Further making this decision more obvious were the additional caveats of data from the stream: field order and presence discrepancies, lack of sorting, and duplicate messages. If for some reason I had a huge volume of tweets to parse, and that demand continued, moving to the streaming API would make some sense. Out of the gate, this route really would break my "as simple as possible, as complex as necessary" mantra.

Dad Joke Data

The fatherhood.gov endpoint in use has a pretty limited (~50) number of dad jokes, and at the time I developed the bot no new jokes had been added since late 2017. I decided to add a bot configuration value to determine the "maximum age" of the dad joke data (one day), and only to pull a refreshed dataset if a new joke request came in after the data file is at least that age. This means there's no more than one request for dad joke data per day, but more realistically one request no more than once daily...and likely several days (or weeks) between requests.

The dad joke data itself is pretty simple JSON. Slightly buried in each array element's data (the attributes) are the setup and punchlines, nicely split out for us to use:

  • field_joke_opener
  • field_joke_response

I really appreciate the thoughtfulness of having these pieces split apart, because it allows whoever is using the data to more easily use it in a way they see fit. Forcing a format (or having an already stitched-together joke) might well cause more work in a bot like this. Simple is good!

Tweet Mentions

The "new" thing with this bot over the first one is the querying of Twitter for mentions.
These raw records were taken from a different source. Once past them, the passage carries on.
-- ===== src/Config/Settings.antt =====
-- internal/config/config.go and env.go: the configuration and its validation, and the secrets.
use withdraw_bot.Prelude.{
  ℕ, ℤ, pos, String, Bool, true, false, Option, none, some, List, [], ◌∷◌, ◌==◌, leb_ℤ, is_zero,
  str_eq, codes, trim_text, split_text, ◌<>◌, if◌then◌else◌,
}
use withdraw_bot.Errors.{Error, Result, ok, err, ◌>>◌, fail_if, ◌orelse◌}
use withdraw_bot.Config.{validate_bps, parse_gwei}
use withdraw_bot.Config.Values.{ModuleConfig}

pub record AppConfig : Type 0 where
  pub monitor_interval : String
  pub data_dir : String

pub record EthereumConfig : Type 0 where
  pub chain_id : ℤ
  pub vault_address : String
  pub asset_symbol : String
  pub asset_decimals : ℕ
  pub receiver_address : String

pub record TelegramConfig : Type 0 where
  pub chat_id : ℤ
  pub allowed_user_ids : List ℤ
  pub daily_report_utc_time : String

pub record GasConfig : Type 0 where
  pub replacement_timeout : String
  pub gas_limit_buffer_bps : ℤ
  pub fee_bump_bps : ℤ
  pub max_fee_per_gas_gwei : String
  pub max_priority_fee_per_gas_gwei : String

pub record LogConfig : Type 0 where
  pub file_path : String
  pub max_size_mb : ℤ
  pub max_backups : ℤ
  pub max_age_days : ℤ

pub record Config : Type 0 where
  pub app : AppConfig
  pub ethereum : EthereumConfig
  pub telegram : TelegramConfig
  pub gas : GasConfig
  pub logs : LogConfig
  pub modules : List (String × ModuleConfig)

abbrev pub is_empty {ℓ} : {A : Type ℓ} → List A → Bool
is_empty [] = true
is_empty (_ ∷ _) = false

abbrev pub required_text : String → String → Option Error
required_text field value = fail_if (str_eq value "") (Error.message (field <> " is required"))

-- The error of a duration that is read, which must be positive.
abbrev pub positive_duration : String → Result ℤ → Option Error
positive_duration field (err e) = some (Error.wrapped (field <> " must be a Go duration") e)
positive_duration field (ok d) =
    fail_if (leb_ℤ d (pos 0)) (Error.message (field <> " must be positive"))

abbrev pub readable {ℓ} : {A : Type ℓ} → Result A → Option Error
readable (ok _) = none
readable (err e) = some e

-- `parse_duration` is `time.ParseDuration`.
module _ (parse_duration : String → Result ℤ) where
  -- `Config.Validate`
  unfoldable pub validate : Config → Option Error
  unfolding validate_bps parse_gwei
  validate cfg =
      required_text "app.monitor_interval" cfg.app.monitor_interval
      orelse positive_duration "app.monitor_interval" (parse_duration cfg.app.monitor_interval)
      orelse required_text "app.data_dir" cfg.app.data_dir
      orelse fail_if (leb_ℤ cfg.ethereum.chain_id (pos 0))
          (Error.message "ethereum.chain_id must be positive")
      orelse required_text "ethereum.vault_address" cfg.ethereum.vault_address
      orelse fail_if (cfg.ethereum.asset_decimals == 0)
          (Error.message "ethereum.asset_decimals is required")
      orelse fail_if (is_zero cfg.telegram.chat_id) (Error.message "telegram.chat_id is required")
      orelse fail_if (is_empty cfg.telegram.allowed_user_ids)
          (Error.message "telegram.allowed_user_ids must not be empty")
      orelse required_text "gas.replacement_timeout" cfg.gas.replacement_timeout
      orelse positive_duration "gas.replacement_timeout"
          (parse_duration cfg.gas.replacement_timeout)
      orelse validate_bps "gas.gas_limit_buffer_bps" cfg.gas.gas_limit_buffer_bps
      orelse validate_bps "gas.fee_bump_bps" cfg.gas.fee_bump_bps
      orelse readable (parse_gwei "gas.max_fee_per_gas_gwei" (codes cfg.gas.max_fee_per_gas_gwei))
      orelse readable (
          parse_gwei "gas.max_priority_fee_per_gas_gwei"
            (codes cfg.gas.max_priority_fee_per_gas_gwei))

  abbrev pub validated : Config → Result Config
  validated cfg = validate cfg >> ok cfg

  -- `Load`, from what the file and the YAML decoder answer.
  unfoldable load : String → Result String → (String → Result Config) → Result Config
  unfolding validate
  load path (err e) unmarshal = err (Error.wrapped ("read config " <> path) e)
  load path (ok contents) unmarshal = elim (unmarshal contents) [
    | err e ↦ err (Error.wrapped ("parse config " <> path) e)
    | ok cfg ↦ validated cfg
  ]

pub record Secrets : Type 0 where
  pub private_key : String
  pub telegram_token : String
  pub primary_rpc_url : String
  pub fallback_rpc_urls : List String

-- The parts between the commas that are not blank.
abbrev pub fallback_urls : List String → List String
fallback_urls [] = []
fallback_urls (raw ∷ rest) =
    let below = fallback_urls rest in
    if str_eq (trim_text raw) "" then below else trim_text raw ∷ below

abbrev pub split_fallbacks : String → List String
split_fallbacks text = if str_eq text "" then [] else fallback_urls (split_text 44 text)

-- `LoadSecretsFromEnv`, from the environment.
unfoldable load_secrets_from_env : (String → String) → Result Secrets
load_secrets_from_env getenv =
    let private_key = trim_text (getenv "WITHDRAW_BOT_PRIVATE_KEY") in
    let token = trim_text (getenv "WITHDRAW_BOT_TELEGRAM_BOT_TOKEN") in
    let primary = trim_text (getenv "WITHDRAW_BOT_ETHEREUM_PRIMARY_RPC_URL") in
    (required_text "WITHDRAW_BOT_PRIVATE_KEY" private_key
      orelse required_text "WITHDRAW_BOT_TELEGRAM_BOT_TOKEN" token
      orelse required_text "WITHDRAW_BOT_ETHEREUM_PRIMARY_RPC_URL" primary)
    >> ok (record {
      private_key = private_key;
      telegram_token = token;
      primary_rpc_url = primary;
      fallback_rpc_urls =
          split_fallbacks (trim_text (getenv "WITHDRAW_BOT_ETHEREUM_FALLBACK_RPC_URLS"));
    })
Fortunately, the mentions_timeline.json endpoint accepts a since_id argument, which is the unique identifier of any Tweet. Since the bot was going to have to keep track of some timestamp anyway, the ability to use a tweet id really simplified that part of the bot. Just write out the "last" (most recent) tweet id and use it in subsequent requests.

Looking for Keywords

The bot source monitors tweet mentions including the words dad and/or joke, only responding if those keywords are found. In PHP it's pretty simple to handle that action with stripos (for case-insensitive searching).
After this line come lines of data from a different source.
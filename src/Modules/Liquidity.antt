-- ===== src/Modules/Liquidity.antt =====
-- internal/monitor/modules/morpho/withdraw_liquidity.go: the module that watches the idle assets of
-- the vault and simulates the full exit.
use withdraw_bot.Prelude.{
  ℤ, pos, String, Bool, false, not, Option, none, some, List, [], ◌∷◌, ◌++◌, ◌==◌, is_positive,
  is_negative, ltb_ℤ, decimal, ◌<>◌, if◌then◌else◌,
}
use withdraw_bot.Errors.{Error, Result, ok, err, ◌>>=◌, ◌>>◌, fail_if, ◌orelse◌, is_none}
use withdraw_bot.Core.{
  Address, Time, Severity, MonitorStatus, Finding, MonitorResult, PositionSnapshot, FullExitRequest,
  FullExitSimulation, module_withdraw_liquidity, finding_idle_liquidity, finding_exit_simulation,
}

-- What the exit simulator answers in one call.
pub record ExitSimulator : Type 0 where
  pub position : Result PositionSnapshot
  pub simulate_full_exit : FullExitRequest → Result FullExitSimulation

-- `idle_asset_reader` is what the reader answers for a vault; the amount may be nil.
pub record LiquidityModule : Type 0 where
  pub idle_asset_reader : Option (Address → Result (Option ℤ))
  pub exit_simulator : Option ExitSimulator
  pub owner : Address
  pub receiver : Address
  pub vault : Address
  pub idle_warn : Option ℤ
  pub idle_urgent : Option ℤ
  pub now : Time

abbrev about_liquidity : String → Error
about_liquidity text = Error.message (module_withdraw_liquidity <> text)

abbrev pub is_positive_amount : Option ℤ → Bool
is_positive_amount none = false
is_positive_amount (some amount) = is_positive amount

-- `a.Cmp(b) < 0`, of amounts that are set.
abbrev pub is_below : Option ℤ → Option ℤ → Bool
is_below (some a) (some b) = ltb_ℤ a b
is_below _ _ = false

unfoldable pub validate_liquidity : LiquidityModule → Option Error
validate_liquidity m =
    fail_if (is_none m.idle_asset_reader) (about_liquidity " idle asset reader is required")
    orelse fail_if (is_none m.exit_simulator) (about_liquidity " exit simulator is required")
    orelse fail_if (m.owner == 0) (about_liquidity " owner address is required")
    orelse fail_if (m.receiver == 0) (about_liquidity " receiver address is required")
    orelse fail_if (m.vault == 0) (about_liquidity " vault address is required")
    orelse fail_if (not (is_positive_amount m.idle_warn))
        (about_liquidity " idle_warn_threshold_usdc must be positive")
    orelse fail_if (not (is_positive_amount m.idle_urgent))
        (about_liquidity " idle_urgent_threshold_usdc must be positive")
    orelse fail_if (is_below m.idle_warn m.idle_urgent)
        (about_liquidity " warn threshold must be greater than or equal to urgent threshold")

-- The amount, if it is set and not negative.
abbrev pub not_negative : Option ℤ → Result ℤ
not_negative none = err (about_liquidity " idle assets must be non-negative")
not_negative (some idle) =
    if is_negative idle then err (about_liquidity " idle assets must be non-negative") else ok idle

-- The idle assets of the vault, if they are set and not negative. A module with no reader is
-- refused before.
abbrev pub read_idle : Option (Address → Result (Option ℤ)) → Address → Result ℤ
read_idle none vault = err (Error.message "nil reader")
read_idle (some read) vault = do idle ← read vault; not_negative idle

unfoldable pub validate_position : LiquidityModule → PositionSnapshot → Option Error
validate_position m position =
    fail_if (not (position.vault == m.vault)) (about_liquidity " position vault mismatch")
    orelse fail_if (not (position.owner == m.owner)) (about_liquidity " position owner mismatch")
    orelse fail_if (not (position.receiver == m.receiver))
        (about_liquidity " position receiver mismatch")

-- The share balance, if it is set and positive.
abbrev pub positive_balance : Option ℤ → Result ℤ
positive_balance none = err (about_liquidity " share_balance must be positive")
positive_balance (some balance) =
    if is_positive balance
    then ok balance
    else err (about_liquidity " share_balance must be positive")

-- A simulation that returns an error is one that failed.
abbrev pub simulation_or_failed : Result FullExitSimulation → FullExitSimulation
simulation_or_failed (ok simulation) = simulation
simulation_or_failed (err _) = record {
  success = false;
  expected_asset_units = none;
  gas_units = 0;
  revert_reason = "";
}

-- The simulation of the exit of the whole position.
unfoldable pub simulate_with : LiquidityModule → ExitSimulator → Result FullExitSimulation
unfolding validate_position
simulate_with m simulator = do
  position ← simulator.position
  balance ← positive_balance position.share_balance
  validate_position m position
      >> ok (
          simulation_or_failed (
            simulator.simulate_full_exit (record {
              vault = m.vault;
              owner = m.owner;
              receiver = m.receiver;
              shares = some balance;
            })))

-- A module with no simulator is refused before.
unfoldable pub simulate_position :
    LiquidityModule → Option ExitSimulator → Result FullExitSimulation
unfolding simulate_with
simulate_position m none = err (Error.message "nil simulator")
simulate_position m (some simulator) = simulate_with m simulator

-- The assets that the exit gives, 0 if a simulation that failed does not tell.
unfoldable pub expected_exit : FullExitSimulation → Result ℤ
expected_exit simulation = elim simulation.expected_asset_units [
  | some units ↦
      if is_negative units
      then err (about_liquidity " expected exit assets must be non-negative")
      else ok units
  | none ↦
      if simulation.success
      then err (about_liquidity " expected_exit_assets is required for successful simulation")
      else ok (pos 0)
]

-- `big.Int.String` of a pointer.
abbrev decimal_of : Option ℤ → String
decimal_of none = "<nil>"
decimal_of (some n) = decimal n

abbrev pub idle_liquidity_finding : LiquidityModule → Severity → ℤ → Finding
idle_liquidity_finding m severity idle = record {
  key = finding_idle_liquidity;
  severity = severity;
  message = "idle liquidity crossed threshold";
  evidence =
      ("idle_assets", decimal idle)
      ∷ ("idle_warn_threshold_usdc", decimal_of m.idle_warn)
      ∷ ("idle_urgent_threshold_usdc", decimal_of m.idle_urgent)
      ∷ [];
}

abbrev exit_simulation_finding : ℤ → Finding
exit_simulation_finding expected = record {
  key = finding_exit_simulation;
  severity = Severity.urgent;
  message = "full-exit simulation failed";
  evidence = ("expected_exit_assets", decimal expected) ∷ ("simulation_success", "false") ∷ [];
}

unfoldable pub rate_idle : LiquidityModule → ℤ → MonitorStatus × List Finding
rate_idle m idle =
    if is_below (some idle) m.idle_urgent
    then (MonitorStatus.urgent, idle_liquidity_finding m Severity.urgent idle ∷ [])
    else (if is_below (some idle) m.idle_warn
        then (MonitorStatus.warn, idle_liquidity_finding m Severity.warn idle ∷ [])
        else (MonitorStatus.ok, []))

-- A simulation that failed makes the status urgent.
unfoldable pub rate_exit : MonitorStatus × List Finding → Bool → ℤ → MonitorStatus × List Finding
rate_exit rated success expected =
    if success
    then rated
    else (MonitorStatus.urgent, rated.1 ++ (exit_simulation_finding expected ∷ []))

-- The result for the idle assets and for a simulation with the assets that it expects.
unfoldable pub report_liquidity : LiquidityModule → ℤ → Bool → ℤ → MonitorResult
unfolding rate_idle rate_exit
report_liquidity m idle success expected =
    let (status, findings) = rate_exit (rate_idle m idle) success expected in
    record {
      module_id = module_withdraw_liquidity;
      status = status;
      observed_at = m.now;
      metrics =
          record { key = "idle_assets"; value = decimal idle; unit = "asset_units" }
          ∷ record { key = "expected_exit_assets"; value = decimal expected; unit = "asset_units" }
          ∷ [];
      findings = findings;
    }

unfoldable pub monitor_liquidity : LiquidityModule → Result MonitorResult
unfolding validate_liquidity simulate_position expected_exit report_liquidity
monitor_liquidity m = validate_liquidity m >> (do
  idle ← read_idle m.idle_asset_reader m.vault
  simulation ← simulate_position m m.exit_simulator
  expected ← expected_exit simulation
  ok (report_liquidity m idle simulation.success expected))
One thing I discovered later on "going live" is that I also had to exclude the bot's own mentions (or replies to itself), because the production bot name includes both keywords. While the situation is pretty specific, leaving the bot able to always respond to its own mentions with a joke in essence creates a never-ending reply thread (infinite loop), with a new joke being replied to on each bot code invocation. Helpful for testing, but bad in production.

Generating a Joke, Replying, and Recording State

On a keyword match, the bot refreshes the dad joke data (if it's expired) and pulls a "random" joke from those available. It then formats the joke with the setup and punchline and pushes out the tweet with a mechanism identical to the progress bot, but with one specific addition: the in_reply_to_status_id argument. This is the unique tweet id that we can use for future mention searches.
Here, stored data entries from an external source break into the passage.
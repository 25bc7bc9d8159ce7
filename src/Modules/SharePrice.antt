-- ===== src/Modules/SharePrice.antt =====
-- internal/monitor/modules/morpho/share_price.go: the module that watches the price of a share.
use withdraw_bot.Prelude.{
  ℤ, pos, String, Bool, false, ◌||◌, not, Option, none, some, List, [], ◌∷◌, is_positive, ltb_ℤ,
  leb_ℤ, ◌-ℤ◌, ◌*ℤ◌, div_ℤ, to_int64, decimal, ◌<>◌, if◌then◌else◌,
}
use withdraw_bot.Errors.{Error, Result, ok, err, ◌>>=◌, ◌>>◌, fail_if, ◌orelse◌, is_none}
use withdraw_bot.Core.{
  Time, Severity, MonitorStatus, Finding, MonitorResult, module_share_price_loss,
  finding_share_price_loss,
}

-- `reader` is what the reader answers in one call, if there is one; the price may be nil. `now` is
-- what the clock shows.
pub record SharePriceModule : Type 0 where
  pub baseline_share_price : Option ℤ
  pub previous_share_price : Option ℤ
  pub warn_bps : ℤ
  pub urgent_bps : ℤ
  pub reader : Option (Result (Option ℤ))
  pub now : Time

abbrev pub is_positive_price : Option ℤ → Bool
is_positive_price none = false
is_positive_price (some price) = is_positive price

abbrev about_share_price : String → Error
about_share_price text = Error.message (module_share_price_loss <> text)

unfoldable pub validate_share_price : SharePriceModule → Option Error
validate_share_price m =
    fail_if (not (is_positive_price m.baseline_share_price))
      (about_share_price " baseline_share_price_asset_units must be positive")
    orelse fail_if (leb_ℤ m.warn_bps (pos 0)) (about_share_price " warn threshold must be positive")
    orelse fail_if (leb_ℤ m.urgent_bps (pos 0))
        (about_share_price " urgent threshold must be positive")
    orelse fail_if (ltb_ℤ m.urgent_bps m.warn_bps)
        (about_share_price " warn threshold must be less than or equal to urgent threshold")
    orelse fail_if (is_none m.reader) (about_share_price " reader is required")

-- The loss from the reference price, in basis points.
unfoldable pub loss_bps : ℤ → ℤ → ℤ
loss_bps reference current =
    if leb_ℤ reference current
    then pos 0
    else to_int64 (div_ℤ ((reference -ℤ current) *ℤ pos 10000) reference)

-- The loss from a price that may be missing.
unfoldable pub loss_from : Option ℤ → ℤ → ℤ
unfolding loss_bps
loss_from none current = pos 0
loss_from (some reference) current =
    if is_positive reference then loss_bps reference current else pos 0

abbrev pub share_price_finding : Severity → String → ℤ → ℤ → Finding
share_price_finding severity text baseline_loss previous_loss = record {
  key = finding_share_price_loss;
  severity = severity;
  message = text;
  evidence =
      ("baseline_loss_bps", decimal baseline_loss)
      ∷ ("previous_loss_bps", decimal previous_loss)
      ∷ [];
}

-- The status and the findings for the two losses.
unfoldable pub rate_losses : SharePriceModule → ℤ → ℤ → MonitorStatus × List Finding
rate_losses m baseline_loss previous_loss =
    if leb_ℤ m.urgent_bps baseline_loss || leb_ℤ m.urgent_bps previous_loss
    then (
      MonitorStatus.urgent,
      share_price_finding Severity.urgent "share price loss crossed urgent threshold" baseline_loss
            previous_loss
          ∷ [],
    )
    else (if leb_ℤ m.warn_bps baseline_loss || leb_ℤ m.warn_bps previous_loss
        then (
          MonitorStatus.warn,
          share_price_finding Severity.warn "share price loss crossed warn threshold" baseline_loss
                previous_loss
              ∷ [],
        )
        else (MonitorStatus.ok, []))

-- The result for the current price.
unfoldable pub report_price : SharePriceModule → ℤ → MonitorResult
unfolding loss_from rate_losses
report_price m current =
    let (status, findings) =
      rate_losses m (loss_from m.baseline_share_price current)
        (loss_from m.previous_share_price current) in
    record {
      module_id = module_share_price_loss;
      status = status;
      observed_at = m.now;
      metrics =
          record { key = "share_price_asset_units"; value = decimal current; unit = "asset_units" }
          ∷ [];
      findings = findings;
    }

-- The reader's price, if it is positive. With no reader the configuration is refused before.
abbrev pub read_price : Option (Result (Option ℤ)) → Result ℤ
read_price none = err (Error.message "nil reader")
read_price (some (err e)) = err e
read_price (some (ok none)) = err (about_share_price " current share price must be positive")
read_price (some (ok (some price))) =
    if is_positive price
    then ok price
    else err (about_share_price " current share price must be positive")

-- A baseline that is nil is refused before.
unfoldable pub monitor_share_price : SharePriceModule → Result MonitorResult
unfolding validate_share_price report_price
monitor_share_price m =
    validate_share_price m >> (do current ← read_price m.reader; ok (report_price m current))

-- The baseline that a first run records.
unfoldable pub bootstrap_share_price : Result (Option ℤ) → Result (List (String × String))
bootstrap_share_price (err e) = err e
bootstrap_share_price (ok none) = ok (("baseline_share_price_asset_units", "<nil>") ∷ [])
bootstrap_share_price (ok (some price)) =
    ok (("baseline_share_price_asset_units", decimal price) ∷ [])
I got a bit stuck on the OAuth signature for the reply. Since I'm not using a library to generate the OAuth headers, these details matter more than they might for others. The TL;DR: version is that for the signature, remember the arguments must be in alphabetical order. Everything else will result in a signature error, and they are not fun to triage or troubleshoot/debug.

Finally, the "state" is recorded by dropping the last/most recent tweet id in a file.

Basic Bot Operation

Beyond the mechanics, the only real configuration was to determine what a proper response cadence might be. I chose (somewhat arbitrarily) a five minute interval for cron to run the bot code, which does the search, pattern match, joke randomization, and response. Therefore, any mention to the bot account with the keyword(s) will receive a response within five minutes, like such:

So that's it. It was a fun project to fiddle with for a few hours...and in typical fashion it took an afternoon-and-a-half or so to deal with the code bits, and another day or so to get the repo, bot site, and other bits (README, etc.) all buttoned up for show.